The roundtable, which has been summarised into the whitepaper Keeping Australia Open for Business, voiced concern that we may be in for a third wave of outbreaks as restrictions relax. In addition, they felt that business confidence in their COVID-response plans is too high and will not translate into reality if tested, particularly when faced with rapidly changing guidelines, unknown timeframes, multiple rumours, and general panic among staff.

Michael Brown is an IT&C Director at Visium Networks, which saw multiple clients experience outbreaks last year. Brown said: “From a readiness perspective, the reality of how you have to react in a real COVID outbreak versus your expectations can vary widely because until it occurs, you have never had direct contact with the relevant government department to know what their demands are, and what they need you to do.”

However, it was noted that whether the health and safety measures introduced this year will be retained as the threat fades, most if not all industry sectors have gone through a rapid digital transformation that will greatly increase productivity. New technologies and adaptive existing technologies, born out of a COVID-19 response, are allowing greater flexibility in how we work and how our time, security and health moving forward.

Clint Wolff, Managing Director of Innovative Security & Data, explained: “In many organisations, the infrastructure was already in place to be able to deploy things like contract tracing or to add identification tracing to existing security cameras. There are multiple benefits to be realised that not only make us more efficient from a technological or security perspective, but also from a continuous improvement process and people basis.”

More than half (57%) of respondents in a recent Nirovision survey believe that their workplace will return to a pre-COVID level of normality in less than a year, with around a third (31%) believing that normality will return between one and two years. Only 7% of respondents believed that their workplace will not return to a pre-COVID level of normality until two years or more.

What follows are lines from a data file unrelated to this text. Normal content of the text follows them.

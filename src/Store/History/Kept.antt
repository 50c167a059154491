-- ===== src/Store/History/Kept.antt =====
-- Every operation keeps the index and the numbering.
use mathlib.Core.Path.{subst₂}
use happy_server_lite.Base.{
  ℕ, GoString, is_empty, ◌==◌, ==_iff, ◌≡◌, refl, sym, subst, Option, none, some, Bool, true, false,
  inl, inr, ◌⊎◌, List, [], ◌∷◌, ◌+◌, ◌<◌, lookup, insert, delete, get_or, lookup-insert,
  lookup-delete, if◌then◌else◌, arith, Option-cases, Bool-cases, two_63, length,
}
use happy_server_lite.Model.{Session, SessionMessage}
use happy_server_lite.Store.State.{Store, empty_store, user_tag_key}
use happy_server_lite.Store.Sessions.{
  SessionRequest, put_session, get_session, refresh_session, create_session, get_or_create_locked,
  get_or_create_session, delete_session,
}
use happy_server_lite.Store.Sessions.Views.{get_session-found}
use happy_server_lite.Store.Sessions.Index.{IsIndexed}
use happy_server_lite.Store.Sessions.Lifecycle.{
  Indexed, Rewrites, nothing, rewrites, Rewrites-Indexed, update_session_metadata-Rewrites,
  update_session_agent_state-Rewrites, set_session_active-Rewrites, delete_session-Indexed,
  refresh_session-stored,
}
use happy_server_lite.Store.Sessions.Creation.{
  get_or_create_locked_cases, get_or_create_session-Created,
}
use happy_server_lite.Store.Messages.{append_message}
use happy_server_lite.Store.Messages.Numbering.{Numbered}
use happy_server_lite.Store.Messages.Conversation.{
  Numbering, messages_of, count_of, append_message-Numbering,
}
use happy_server_lite.Store.History.{
  Operation, create, set_metadata, set_agent_state, set_active, remove, post, act, history, Allowed,
  AllAllowed,
}

-- A store with the same messages and counters is numbered too if each of its live sessions was live
-- before or is new, and if no session is gone.
Numbering-kept :
    (s s' : Store)
    → Numbering s
    → s'.messages ≡ s.messages
    → s'.seq ≡ s.seq
    → ((sid : GoString) (sess : Session)
        → lookup sid s'.sessions_by_id ≡ some sess
        → sess.deleted ≡ false
        → (lookup sid s.sessions_by_id ≡ none)
          ⊎ ((old : Session) × (lookup sid s.sessions_by_id ≡ some old) × (old.deleted ≡ false)))
    → ((sid : GoString) → lookup sid s'.sessions_by_id ≡ none → lookup sid s.sessions_by_id ≡ none)
    → Numbering s'
Numbering-kept s s' v same counters live gone = record {
  numbered = λ sid sess h l. elim (live sid sess h l) [
    | inl new ↦
        let (nothing_there, zero_count) = v.unused sid new in
        rw (same, counters, nothing_there, zero_count) (tt, refl)
    | inr (old, e, alive) ↦ rw (same, counters) (v.numbered sid old e alive)
  ];
  unused = λ sid h. rw (same, counters) (v.unused sid (gone sid h));
}

put_session-Numbering :
    (s : Store) (sid : GoString) (sess sess' : Session)
    → lookup sid s.sessions_by_id ≡ some sess
    → sess'.deleted ≡ sess.deleted
    → Numbering s
    → Numbering (put_session s sid sess')
put_session-Numbering s sid sess sess' e d v =
    Numbering-kept s (put_session s sid sess') v refl refl
      (λ j x h l. elim (Option-cases (lookup j s.sessions_by_id)) [
        | inl none_there ↦ inl none_there
        | inr (old, found) ↦ inr (
          old,
          found,
          ground
              (arith, h, l, d, e, found, lookup-insert j sid sess' s.sessions_by_id, ==_iff sid j),
        )
      ])
      (λ j h. ground (arith, h, lookup-insert j sid sess' s.sessions_by_id, ==_iff sid j))

Rewrites-Numbering :
    (s : Store) (user_id sid : GoString) (s' : Store)
    → Rewrites s user_id sid s'
    → Numbering s
    → Numbering s'
Rewrites-Numbering s user_id sid s' (nothing e) v = subst Numbering (sym e) v
Rewrites-Numbering s user_id sid s' (rewrites sess sess' found same e) v =
    let (stored, mine) = get_session-found s user_id sid sess found in
    subst Numbering (sym e) (put_session-Numbering s sid sess sess' stored same.deleted v)

abbrev pub deleted_from : Store → GoString → GoString → ℕ → Option Session → Store
deleted_from s user_id sid now none = s
deleted_from s user_id sid now (some sess) =
    let key = user_tag_key user_id sess.tag in
    record s {
      sessions_by_id =
          insert sid (record sess { deleted = true; updated_at = now }) s.sessions_by_id;
      session_id_by_user_tag =
          if get_or key [] s.session_id_by_user_tag == sid
          then delete key s.session_id_by_user_tag
          else s.session_id_by_user_tag;
      messages = delete sid s.messages;
    }

messages_marked :
    (s : Store) (user_id sid : GoString) (now : ℕ) (sess : Session) (j : GoString)
    → (sid == j) ≡ false
    → messages_of (deleted_from s user_id sid now (some sess)) j ≡ messages_of s j
messages_marked s user_id sid now sess j other =
    ground (arith, lookup-delete j sid s.messages, other)

marked-Numbering :
    (s : Store) (user_id sid : GoString) (now : ℕ) (sess : Session)
    → Numbering s
    → Numbering (deleted_from s user_id sid now (some sess))
marked-Numbering s user_id sid now sess v =
    let marked : Session = record sess { deleted = true; updated_at = now } in
    let read = λ (j : GoString). lookup-insert j sid marked s.sessions_by_id in
    record {
      numbered = λ j x h l. elim (Bool-cases (sid == j)) [
        | inl here ↦ absurd (ground (arith, h, l, here, read j))
        | inr other ↦
            subst (λ (ms : List SessionMessage). Numbered 0 ms × (length ms ≡ count_of s j))
              (sym (messages_marked s user_id sid now sess j other))
              (v.numbered j x (ground (arith, h, other, read j)) l)
      ];
      unused = λ j h. elim (Bool-cases (sid == j)) [
        | inl here ↦ absurd (ground (arith, h, here, read j))
        | inr other ↦
            subst (λ (ms : List SessionMessage). (ms ≡ []) × (count_of s j ≡ 0))
              (sym (messages_marked s user_id sid now sess j other))
              (v.unused j (ground (arith, h, other, read j)))
      ];
    }

pub delete_session-deleted_from :
    (s : Store) (user_id sid : GoString) (now : ℕ)
    → (delete_session s user_id sid now).0
      ≡ deleted_from s user_id sid now (get_session s user_id sid)
unfolding delete_session
delete_session-deleted_from s user_id sid now = elim (Option-cases (get_session s user_id sid)) [
  | inl e ↦ ground (arith, e)
  | inr (sess, e) ↦ ground (arith, e)
]

delete_session-Numbering :
    (s : Store) (user_id sid : GoString) (now : ℕ)
    → Numbering s
    → Numbering (delete_session s user_id sid now).0
delete_session-Numbering s user_id sid now v =
    let from = λ (o : Option Session). Numbering (deleted_from s user_id sid now o) in
    subst Numbering (sym (delete_session-deleted_from s user_id sid now))
      (elim (Option-cases (get_session s user_id sid)) [
        | inl e ↦ subst from (sym e) v
        | inr (sess, e) ↦ subst from (sym e) (marked-Numbering s user_id sid now sess v)
      ])

create_session-Numbering :
    (s : Store) (r : SessionRequest) (new_id : GoString) (now : ℕ)
    → lookup new_id s.sessions_by_id ≡ none
    → Numbering s
    → Numbering (create_session s r new_id now).0
unfolding create_session
create_session-Numbering s r new_id now fresh v =
    let (s', sess, created) = create_session s r new_id now in
    Numbering-kept s s' v refl refl
      (λ j x h l. elim (Bool-cases (new_id == j)) [
        | inl here ↦ inl (
            subst (λ (k : GoString). lookup k s.sessions_by_id ≡ none) ((==_iff new_id j).0 here)
              fresh)
        | inr other ↦
            inr (x, ground (arith, h, other, lookup-insert j new_id sess s.sessions_by_id), l)
      ])
      (λ j h. ground (arith, h, lookup-insert j new_id sess s.sessions_by_id))

get_or_create_locked-Numbering :
    (s : Store) (r : SessionRequest) (new_id : GoString) (now : ℕ)
    → Indexed s
    → lookup new_id s.sessions_by_id ≡ none
    → Numbering s
    → Numbering (get_or_create_locked s r new_id now).0
get_or_create_locked-Numbering s r new_id now i fresh v =
    let numbered = λ (out : Store × Session × Bool). Numbering out.0 in
    elim (get_or_create_locked_cases s r new_id now i) [
      | inl (e, q) ↦ subst numbered (sym q) (create_session-Numbering s r new_id now fresh v)
      | inr (sid, sess, e, found, live, own, q) ↦
          let (same, flag, stored) = refresh_session-stored s sid sess r now in
          subst numbered (sym q) (elim stored [
            | inl (p, k) ↦ subst Numbering (sym p) v
            | inr p ↦ subst Numbering (sym p) (
                put_session-Numbering s sid sess (refresh_session s sid sess r now).1 found
                  same.deleted v)
          ])
    ]

pub get_or_create_session_store :
    (s : Store) (r : SessionRequest) (new_id : GoString) (now : ℕ)
    → ((get_or_create_session s r new_id now).0 ≡ s)
      ⊎ ((is_empty r.user_id ≡ false)
          × (is_empty r.tag ≡ false)
          × ((get_or_create_session s r new_id now).0 ≡ (get_or_create_locked s r new_id now).0))
unfolding get_or_create_session
get_or_create_session_store s r new_id now = elim (Bool-cases (is_empty r.user_id)) [
  | inl nobody ↦ inl (rw nobody refl)
  | inr named ↦ elim (Bool-cases (is_empty r.tag)) [
    | inl untagged ↦ inl (rw (named, untagged) refl)
    | inr tagged ↦ inr (named, tagged, rw (named, tagged) refl)
  ]
]

-- The invariant of a store: its index names exactly the live sessions, and the messages of a live
-- session are numbered from 1 without a gap.
pub record IsSound (s : Store) : Type 0 where
  pub indexed : Indexed s
  pub numbering : Numbering s

-- The server starts with a sound store: a load from the file brings machines only.
empty_store-IsSound : (path : GoString) → IsSound (empty_store path)
unfolding lookup
empty_store-IsSound path = record {
  indexed = record {
    own_id = λ sid sess h. absurd (ground (arith, h));
    live_indexed = λ sid sess h l. absurd (ground (arith, h));
    indexed_live = λ k sid h. absurd (ground (arith, h));
  };
  numbering = record {
    numbered = λ sid sess h l. absurd (ground (arith, h));
    unused = λ sid h. (refl, refl);
  };
}

create-IsSound :
    (s : Store) (r : SessionRequest) (new_id : GoString) (now : ℕ)
    → lookup new_id s.sessions_by_id ≡ none
    → IsSound s
    → IsSound (get_or_create_session s r new_id now).0
create-IsSound s r new_id now fresh v = elim (get_or_create_session_store s r new_id now) [
  | inl q ↦ subst IsSound (sym q) v
  | inr (named, tagged, q) ↦
      let (sess, created, result, made) =
        get_or_create_session-Created s r new_id now v.indexed named tagged fresh in
      record {
        indexed = made.indexed;
        numbering =
            subst Numbering (sym q)
              (get_or_create_locked-Numbering s r new_id now v.indexed fresh v.numbering);
      }
]

rewritten-IsSound :
    (s : Store) (user_id sid : GoString) (s' : Store)
    → Rewrites s user_id sid s'
    → IsSound s
    → IsSound s'
rewritten-IsSound s user_id sid s' r v = record {
  indexed = Rewrites-Indexed s user_id sid s' r v.indexed;
  numbering = Rewrites-Numbering s user_id sid s' r v.numbering;
}

append_message_maps :
    (s : Store) (user_id sid content new_id : GoString) (now : ℕ)
    → ((append_message s user_id sid content new_id now).0.sessions_by_id ≡ s.sessions_by_id)
      × ((append_message s user_id sid content new_id now).0.session_id_by_user_tag
          ≡ s.session_id_by_user_tag)
unfolding append_message
append_message_maps s user_id sid content new_id now =
    elim (Option-cases (get_session s user_id sid)) [
      | inl e ↦ (ground (arith, e), ground (arith, e))
      | inr (sess, e) ↦ (ground (arith, e), ground (arith, e))
    ]

post-IsSound :
    (s : Store) (user_id sid content new_id : GoString) (now : ℕ)
    → count_of s sid + 1 < two_63
    → IsSound s
    → IsSound (append_message s user_id sid content new_id now).0
post-IsSound s user_id sid content new_id now small v =
    let (sessions, tags) = append_message_maps s user_id sid content new_id now in
    record {
      indexed = subst₂ IsIndexed (sym sessions) (sym tags) v.indexed;
      numbering = append_message-Numbering s user_id sid content new_id now v.numbering small;
    }

act-IsSound : (s : Store) (o : Operation) → Allowed s o → IsSound s → IsSound (act s o)
unfolding act
act-IsSound s (create r new_id now) fresh v = create-IsSound s r new_id now fresh v
act-IsSound s (set_metadata u sid e m now) a v =
    rewritten-IsSound s u sid _ (update_session_metadata-Rewrites s u sid e m now) v
act-IsSound s (set_agent_state u sid e x now) a v =
    rewritten-IsSound s u sid _ (update_session_agent_state-Rewrites s u sid e x now) v
act-IsSound s (set_active u sid active at now) a v =
    rewritten-IsSound s u sid _ (set_session_active-Rewrites s u sid active at now) v
act-IsSound s (remove u sid now) a v = record {
  indexed = delete_session-Indexed s u sid now v.indexed;
  numbering = delete_session-Numbering s u sid now v.numbering;
}
act-IsSound s (post u sid content new_id now) small v =
    post-IsSound s u sid content new_id now small v

-- Whatever creations, updates, deletions and appends users make, in any order, on a sound store, with
-- fresh identifiers and below 2 ^ 63 - 1 messages a session: the store stays sound.
pub history-IsSound :
    (s : Store) (os : List Operation) → AllAllowed s os → IsSound s → IsSound (history s os)
unfolding history
history-IsSound s [] a v = v
history-IsSound s (o ∷ os) a v = history-IsSound (act s o) os a.1 (act-IsSound s o a.0 v)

“How to keep business open and safe in a strategic way, rather than reacting with short-term measures that negatively affect workplaces and their supply chains, is the most important issue businesses across all sectors are grappling with now,” commented Christian Beck, founder of Australian Technology Innovators and Nirovision. “Whether we face this threat for only a few more months, or it extends into years, we need to allow our businesses, and most importantly their workforces, some form of stability that upholds their protection and safety.”

Jimmy Lee, CEO of Nirovision, commented: “Over the past year, the appetite for technology to protect workplaces and workforces has been huge and has come with a lot of challenges for both government and businesses. We have been working closely with businesses, particularly in industrial workplaces where staff must come to work, to provide solutions that ensure the safety and privacy of staff while also enabling the workplace to stay open and operational. Unfortunately the COVID threat isn’t going away as fast as we would like so its an ongoing challenge for Australia and the rest of the world.”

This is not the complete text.